Well that explains it! in that case. All this while, I was wondering why would the British ( virtually the USA's 51st state) be opposing a US policy to attack Russia. .... well maybe what the British delegate here was trying to do here was just an eyewash and just preventing the EU from forming its own army ... so that they are independent of the US and so that the EU will ALWAYS be dependent on US and be forced to forward their policies
UK is like an appendage to the EU. It serves the purpose of dragging the EU down every time it tries to get up and learn to stand on its own feet. It is like tying a brick to your leg and then trying to run.
The UK does contribute a lot to the EU GDP, and a lot of trade is handled through London. However, there is a catch. If you look at manufacturing, UK is nowhere close to other western European countries.
That is the catch. The UK has a very extensive banking and finance sector. A lot of the revenue generated is just by playing with numbers. Much of the GDP figures that UK contributes are simply pen-pushing and paper-pushing.
Yet another thing that keeps London relevant is Bank of England.
It is the bank "of England," but the people of England have very little control over it. In practice, it functions like a private bank. It is a counterpart of the Bank of International Settlements. Basically, they have vaults, where they store gold bars, and these gold bars act as collateral for all the money that is tossed around, and works in very intimate collaboration with the Federal Reserve of the US, and you probably know that the Federal Reserve is also a private bank, and the US Dollar is a currency issued by the Federal Reserve, and hence is a currency that is issued, essentially by a private company.
The US government borrows dollars from this bank. How does it do that? The US Treasury sells bonds (Treasury bonds, or government bonds) to the Federal Reserve, and the Federal Reserve in turn "prints" money (much of the printing is done electronically, i.e., the virtual money is created and they live in computer servers) and gives to the Treasury, who then uses that money to pay the bills the government accumulates, while they collect revenue via tax and other proceeds, and returns some dollars back to the Federal Reserve, which does not pay back the
loan's principal, but does pay back the
loan's interest. This is the
tip of the iceberg, and of the conundrum that "debt is money and money is debt" concept, which right now is on the decline.
Similarly, the Bank of England plays a similar role in the UK. Both the banks are backed by financiers, who you will rarely hear about. These banks wield considerable influence over the US and UK governments, due to the fact that these governments of so called "wealthy" countries owe an exorbitant amount of money to these banks and their financiers. Politicians, therefore, would rarely go against these banks in a major way.
Now, you might say, what if the government chooses to take over these banks? That will not happen, because, these banks have most likely hedged against the possibility by trading with Treasury bonds or government bonds, and any attempt at nationalization of these bonds will result in the international financial markets being flooded with Treasury bonds, which will bring down the credibility of the respective government that attempts a nationalization. This, in turn will result in loss of trade, and there will be
financial collapse in the country whose government attempts a nationalization.

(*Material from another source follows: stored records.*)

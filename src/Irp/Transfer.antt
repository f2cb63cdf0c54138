-- ===== src/Irp/Transfer.antt =====
-- lib/windrv/src/filter/volume_thread.rs: the transfer of a request on a volume that is ready.
use volumecrypt_kit.Prelude.{
  ℕ, ◌+◌, ◌≤◌, ◌<◌, ◌≡◌, ◌⊎◌, inr, refl, ap, ◌∙◌, Option, none, some, List, arith, ltb,
  if◌then◌else◌,
}
use native.Mathlib.Decide.{dec_lt}
use volumecrypt_kit.Prelude.Bytes.{gather, gather_cong}
use volumecrypt_kit.Cipher.{VolumeCipher}
use volumecrypt_kit.Engine.Steps.{IsValid}
use volumecrypt_kit.Volume.{AttachedVolume, offset_sector, data_sectors, burst_cipher}
use volumecrypt_kit.Irp.{crypto_range, get_pipeline, transform}

-- A volume whose key is `c`: its configuration and its engine agree, and the snapshot of the
-- boundary is the engine's boundary.
pub record IsReady (c : VolumeCipher) (ss : ℕ) (v : AttachedVolume) : Type 0 where
  pub keyed : burst_cipher v ≡ some c
  pub sizes : v.sector_size ≡ ss
  pub same_offset : offset_sector v ≡ v.encryption.offset_sector
  pub same_total : data_sectors v ≡ v.encryption.encrypted_offset.total_sectors
  pub synced : v.encrypted_boundary ≡ v.encryption.encrypted_offset.sector
  pub engine : IsValid v.encryption

-- The burst holds no cipher yet, or the volume's.
abbrev pub HoldsAtMost : VolumeCipher → Option VolumeCipher → Type 0
HoldsAtMost c burst = (burst ≡ none) ⊎ (burst ≡ some c)

module _ (c : VolumeCipher) (ss : ℕ) (v : AttachedVolume) (ready : IsReady c ss v)
    (burst : Option VolumeCipher) (holds : HoldsAtMost c burst) where
  open v.encryption use {offset_sector as offset}
  open v.encryption.encrypted_offset use {sector as boundary, total_sectors as total}

  get_pipeline_lem : get_pipeline burst v ≡ some c
  unfolding get_pipeline
  get_pipeline_lem = ground (arith, ready.keyed)

  crypto_range_below :
      (rel : ℕ)
      → rel < total
      → rel < boundary
      → crypto_range v (offset + rel) ≡ some (rel, boundary)
  unfolding crypto_range
  crypto_range_below rel lt below =
      ground (arith, ready.same_offset, ready.same_total, ready.synced)

  crypto_range_above :
      (rel : ℕ) → rel < total → boundary ≤ rel → crypto_range v (offset + rel) ≡ none
  unfolding crypto_range
  crypto_range_above rel lt above =
      ground (arith, ready.same_offset, ready.same_total, ready.synced)

  transform_below :
      (run : VolumeCipher → ℕ → ℕ → List ℕ → ℕ → List ℕ) (rel : ℕ) (buf : List ℕ)
      → rel < total
      → rel < boundary
      → transform run burst v (offset + rel) buf ≡ (run c rel boundary buf v.sector_size, some c)
  unfolding transform
  transform_below run rel buf lt below =
      ground (arith, crypto_range_below rel lt below, get_pipeline_lem)

  transform_above :
      (run : VolumeCipher → ℕ → ℕ → List ℕ → ℕ → List ℕ) (rel : ℕ) (buf : List ℕ)
      → rel < total
      → boundary ≤ rel
      → transform run burst v (offset + rel) buf ≡ (buf, burst)
  unfolding transform
  transform_above run rel buf lt above = rw (crypto_range_above rel lt above, transform)

  -- Sector `rel + i` of the buffer is transformed exactly when it lies below the boundary.
  pub transform_lem :
      (run : VolumeCipher → ℕ → ℕ → List ℕ → ℕ → List ℕ) (each : ℕ → List ℕ → List ℕ) (rel n : ℕ)
      (f : ℕ → List ℕ)
      → rel < total
      → run c rel boundary (gather n f) ss
        ≡ gather n (λ i. if ltb (rel + i) boundary then each (rel + i) (f i) else f i)
      → (transform run burst v (offset + rel) (gather n f)).0
        ≡ gather n (λ i. if ltb (rel + i) boundary then each (rel + i) (f i) else f i)
  transform_lem run each rel n f lt runs = elim (dec_lt rel boundary) [
    | yes below ↦
        ap (λ (p : List ℕ × Option VolumeCipher). p.0)
          (transform_below run rel (gather n f) lt below)
        ∙ ap (run c rel boundary (gather n f)) ready.sizes
        ∙ runs
    | no above ↦
        ap (λ (p : List ℕ × Option VolumeCipher). p.0)
          (transform_above run rel (gather n f) lt (omega arith))
        ∙ gather_cong n f (λ i. if ltb (rel + i) boundary then each (rel + i) (f i) else f i)
            (λ i _. ground arith)
  ]

  pub transform_holds :
      (run : VolumeCipher → ℕ → ℕ → List ℕ → ℕ → List ℕ) (rel : ℕ) (buf : List ℕ)
      → rel < total
      → HoldsAtMost c (transform run burst v (offset + rel) buf).1
  transform_holds run rel buf lt = elim (dec_lt rel boundary) [
    | yes below ↦ rw (transform_below run rel buf lt below) (inr refl)
    | no above ↦ rw (transform_above run rel buf lt (omega arith)) holds
  ]
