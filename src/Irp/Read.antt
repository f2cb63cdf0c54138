-- ===== src/Irp/Read.antt =====
-- lib/windrv/src/filter/volume_thread.rs: process_read on a volume that is ready.
use volumecrypt_kit.Prelude.{
  ℕ, ◌+◌, ◌*◌, ◌/◌, ◌<◌, ◌≡◌, ◌⊎◌, inl, inr, refl, ◌∙◌, Option, List, [], arith, true,
}
use mathlib.Core.Path.{ap₂}
use volumecrypt_kit.Prelude.Bytes.{gather, gather_cong}
use volumecrypt_kit.Error.{VckResult, ok, err}
use volumecrypt_kit.Device.{SectorIo, IsDevice}
use volumecrypt_kit.Cipher.{VolumeCipher, IsCipher}
use volumecrypt_kit.Pipeline.{decrypt_read, decrypt_read-gather}
use volumecrypt_kit.Plain.{plain, plain_at}
use volumecrypt_kit.Volume.{AttachedVolume}
use volumecrypt_kit.Irp.{
  Request, Completion, completed, success, unsuccessful, io_len, first_lba, with_buffer,
  finish_read, process_read, transform,
}
use volumecrypt_kit.Irp.Transfer.{IsReady, HoldsAtMost, transform_lem, transform_holds}

-- The request is for `n` sectors from sector `rel` of the data region on, and the kernel could map
-- and allocate the buffers.
pub record Names (v : AttachedVolume) (q : Request) (rel n : ℕ) : Type 0 where
  pub begins : first_lba v q ≡ v.encryption.offset_sector + rel
  pub inside : rel < v.encryption.encrypted_offset.total_sectors
  pub sectors : q.byte_length / v.sector_size ≡ n
  pub some_sectors : 0 < n
  pub is_mapped : q.mapped ≡ true
  pub is_allocated : q.allocated ≡ true

module _ {W : Type 0} {io : SectorIo W} {sector : W → ℕ → List ℕ} (dev : IsDevice io sector)
    {c : VolumeCipher} (ci : IsCipher c io.sector_size) (v : AttachedVolume)
    (ready : IsReady c io.sector_size v) (burst : Option VolumeCipher) (holds : HoldsAtMost c burst)
    (q : Request) (rel n : ℕ) (names : Names v q rel n) (w : W) where
  open v.encryption use {offset_sector as offset}
  open v.encryption.encrypted_offset use {sector as boundary, total_sectors as total}

  pub io_len_lem : io_len v q ≡ n * io.sector_size
  unfolding io_len
  io_len_lem = rw (names.sectors, ready.sizes)

  -- No early return is taken.
  pub with_buffer_lem :
      (body : W → Completion × (Option VolumeCipher × W)) → with_buffer io v burst q w body ≡ body w
  unfolding with_buffer
  with_buffer_lem body = ground (
    arith, names.sectors, names.some_sectors, names.is_mapped, names.is_allocated, dev.size_pos,
    ready.sizes,
  )

  abbrev plaintext : List ℕ
  plaintext = gather n (λ i. plain c offset boundary (sector w) (rel + i))

  -- What the request returns, what it leaves on the disk and in the burst.
  pub record ReadOutcome (r : Completion × (Option VolumeCipher × W)) : Type 0 where
    pub reply :
        (r.0 ≡ completed success (n * io.sector_size) plaintext)
        ⊎ (r.0 ≡ completed unsuccessful 0 [])
    pub disk_same : (l : ℕ) → sector r.1.1 l ≡ sector w l
    pub burst_holds : HoldsAtMost c r.1.0

  finish_read_lem :
      (r : VckResult (List ℕ)) (w' : W)
      → ((buf : List ℕ) → r ≡ ok buf → buf ≡ gather n (λ i. sector w (offset + rel + i)))
      → ((l : ℕ) → sector w' l ≡ sector w l)
      → ReadOutcome (finish_read io v q burst r w')
  unfolding finish_read
  finish_read_lem (err x) w' gives same = record {
    reply = inr refl;
    disk_same = same;
    burst_holds = holds;
  }
  finish_read_lem (ok buf) w' gives same = record {
    reply = inl (ap₂ (completed success) io_len_lem shown);
    disk_same = same;
    burst_holds =
        rw names.begins
          (transform_holds c io.sector_size v ready burst holds decrypt_read rel buf names.inside);
  }
    where
      disk : ℕ → List ℕ
      disk i = sector w (offset + rel + i)

      shown : (transform decrypt_read burst v (first_lba v q) buf).0 ≡ plaintext
      shown =
          rw (names.begins, gives buf refl)
            (transform_lem c io.sector_size v ready burst holds decrypt_read c.decrypt_sector rel n
                disk names.inside
                (decrypt_read-gather c io.sector_size ci rel boundary n disk
                  (λ i. dev.whole w (offset + rel + i)) dev.size_pos)
              ∙ gather_cong n _ (λ i. plain c offset boundary (sector w) (rel + i))
                  (λ i _.
                    plain_at c offset boundary (sector w) (rel + i) (offset + rel + i)
                      (omega arith)))

  -- On a volume whose parts agree, a READ of whole sectors that starts in the data region and for
  -- which buffers are there returns the plaintext of its sectors, or STATUS_UNSUCCESSFUL; the disk
  -- is as it was and the burst holds no other cipher than the volume's.
  pub process_read_lem : ReadOutcome (process_read io v burst q w)
  unfolding process_read
  process_read_lem =
      rw (with_buffer_lem _, names.begins, io_len_lem)
        (finish_read_lem (io.read_sectors (offset + rel) (n * io.sector_size) w).0
          (io.read_sectors (offset + rel) (n * io.sector_size) w).1
          (λ buf r. dev.read_gives (offset + rel) n w buf r)
          (λ l. dev.read_keeps (offset + rel) (n * io.sector_size) w l))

This is the reason why the US and UK work closely together.
It is unclear whether the UK is the 51st state of the US, or the US is still a financial colony of the UK.
Similarly, the Swiss Banks have remained largely safe throughout the two World Wars. That is also another financial hub that is of interest to financiers. Even if one financier might finance one belligerent and another finance the opposing belligerent, they both can have a common interest in Switzerland, and its safety.